Collect all lines from the listing that include the string "ContractError".

---

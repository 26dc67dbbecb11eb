-- ===== src/Volumes/Probes/Checks.antt =====
-- volume_probe_contract.py: what is required of a container before a probe writes in it.
use optimizr_actions.Prelude.{
  ℕ, Bool, true, false, not, ◌&&◌, ◌||◌, Option, none, some, List, [], ◌∷◌, ◌++◌, map, Text, codes,
  same, member, starts_with, lower, ltb, if◌then◌else◌, ok, err, ◌>>=◌, ◌>>◌, guard, raise_if,
  or_raise, any, length,
}
use optimizr_actions.Prelude.Json.{Json, Fields, object, text, bool, null, get, object_of, array_of}
use optimizr_actions.Prelude.Regex.{Regex, one, seq, exactly, times, fullmatch, between}
use optimizr_actions.Volumes.Contract.{
  Checked, ContractError, Probe, docker_name, container_data_invalid, container_not_single,
  container_not_deployed, container_mismatch, container_not_running, image_unnamed,
  no_service_label, label_invalid, service_not_requested, one_off, compose_data_invalid,
  service_not_declared, image_mismatch, image_not_immutable, no_mounts, mount_mismatch,
}
use optimizr_actions.Volumes.Resources.{is_text, single_object, array_values}

abbrev pub is_hex : ℕ → Bool
is_hex c = between b'0' b'9' c || between b'a' b'f' c || between b'A' b'F' c

-- `^[0-9a-fA-F]{64}$`
abbrev pub container_id : Regex
container_id = times 64 (one is_hex)

-- `^sha256:[0-9a-fA-F]{64}$`
abbrev pub image_id : Regex
image_id = seq (exactly (codes "sha256:")) (times 64 (one is_hex))

abbrev pub text_of : Option Json → Option Text
text_of (some (text s)) = some s
text_of _ = none

abbrev pub is_true : Option Json → Bool
is_true (some (bool true)) = true
is_true _ = false

abbrev pub object_or : ContractError → Option Json → Checked Fields
object_or e value = or_raise (object_of value) e

-- A reference to an image that is printable and no option.
unfoldable pub is_image_name : Text → Bool
unfolding starts_with
is_image_name [] = false
is_image_name (c ∷ s) =
    not (ltb 512 (length (c ∷ s)))
    && not (starts_with (c ∷ s) (codes "-"))
    && not (any (λ d. ltb d 0x21 || ltb 0x7e d) (c ∷ s))

unfoldable pub parse_inspected_container : Option Json → Checked Fields
unfolding array_values
parse_inspected_container none = err container_data_invalid
parse_inspected_container (some value) =
    or_raise (single_object (array_values (some value))) container_not_single

unfoldable pub container_id_of : Fields → List Text → Checked Text
unfolding get fullmatch member same
container_id_of container compose_ids = do
  id ← or_raise (text_of (get container (codes "Id"))) container_not_deployed
  guard (fullmatch container_id id && member id compose_ids) container_not_deployed
  ok id

unfoldable pub running_of : Option Json → Option Json
unfolding get
running_of (some (object state)) = get state (codes "Running")
running_of _ = none

unfoldable pub check_container : Fields → Text → Checked (Unit {0})
unfolding get is_text running_of
check_container container name = do
  guard (is_text (codes "/" ++ name) (get container (codes "Name"))) container_mismatch
  guard (is_true (running_of (get container (codes "State")))) container_not_running

unfoldable pub config_image_of : Fields → Checked Text
unfolding get is_image_name
config_image_of config = do
  image ← or_raise (text_of (get config (codes "Image"))) image_unnamed
  guard (is_image_name image) image_unnamed
  ok image

unfoldable pub is_requested : Option (List Text) → Text → Bool
unfolding member
is_requested none service = true
is_requested (some services) service = member service services

unfoldable pub is_oneoff : Option Text → Bool
unfolding same lower
is_oneoff none = false
is_oneoff (some value) = same (map lower value) (codes "true")

unfoldable pub service_of : Fields → Option (List Text) → Checked Text
unfolding get fullmatch is_requested is_oneoff
service_of config expected = do
  labels ← object_or no_service_label (get config (codes "Labels"))
  service ← or_raise (text_of (get labels (codes "com.docker.compose.service"))) label_invalid
  guard (fullmatch docker_name service) label_invalid
  guard (is_requested expected service) service_not_requested
  raise_if (is_oneoff (text_of (get labels (codes "com.docker.compose.oneoff")))) one_off
  ok service

unfoldable pub get_in : Option Json → Text → Option Json
unfolding get
get_in (some (object fields)) name = get fields name
get_in _ name = none

-- The image of the service is absent, or the image of the container.
unfoldable pub is_configured : Option Json → Text → Bool
unfolding is_text
is_configured none image = true
is_configured (some null) image = true
is_configured (some value) image = is_text image (some value)

unfoldable pub check_service : Option Json → Text → Text → Checked (Unit {0})
unfolding get_in is_configured
check_service config service image = do
  value ← or_raise config compose_data_invalid
  declared ←
      object_or service_not_declared (get_in (get_in (some value) (codes "services")) service)
  guard (is_configured (get_in (some (object declared)) (codes "image")) image) image_mismatch

unfoldable pub image_id_of : Fields → Checked Text
unfolding get fullmatch
image_id_of container = do
  id ← or_raise (text_of (get container (codes "Image"))) image_not_immutable
  guard (fullmatch image_id id) image_not_immutable
  ok id

-- The mounts of this volume at this path.
unfoldable pub matching_mounts : Probe → List Json → List Fields
unfolding get is_text
matching_mounts probe [] = []
matching_mounts probe (object mount ∷ mounts) =
    let rest = matching_mounts probe mounts in
    if is_text (codes "volume") (get mount (codes "Type"))
      && is_text probe.volume (get mount (codes "Name"))
      && is_text probe.mount_path (get mount (codes "Destination"))
    then mount ∷ rest
    else rest
matching_mounts probe (_ ∷ mounts) = matching_mounts probe mounts

unfoldable pub only_writable : List Fields → Bool
unfolding get
only_writable (mount ∷ []) = is_true (get mount (codes "RW"))
only_writable _ = false

unfoldable pub check_mounts : Probe → Fields → Checked (Unit {0})
unfolding get array_of matching_mounts only_writable
check_mounts probe container = do
  value ← or_raise (get container (codes "Mounts")) no_mounts
  mounts ← or_raise (array_of value) no_mounts
  guard (only_writable (matching_mounts probe mounts)) mount_mismatch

---

- **Your solution**:
  Checked, ContractError, Probe, docker_name, container_data_invalid, container_not_single,
abbrev pub object_or : ContractError → Option Json → Checked Fields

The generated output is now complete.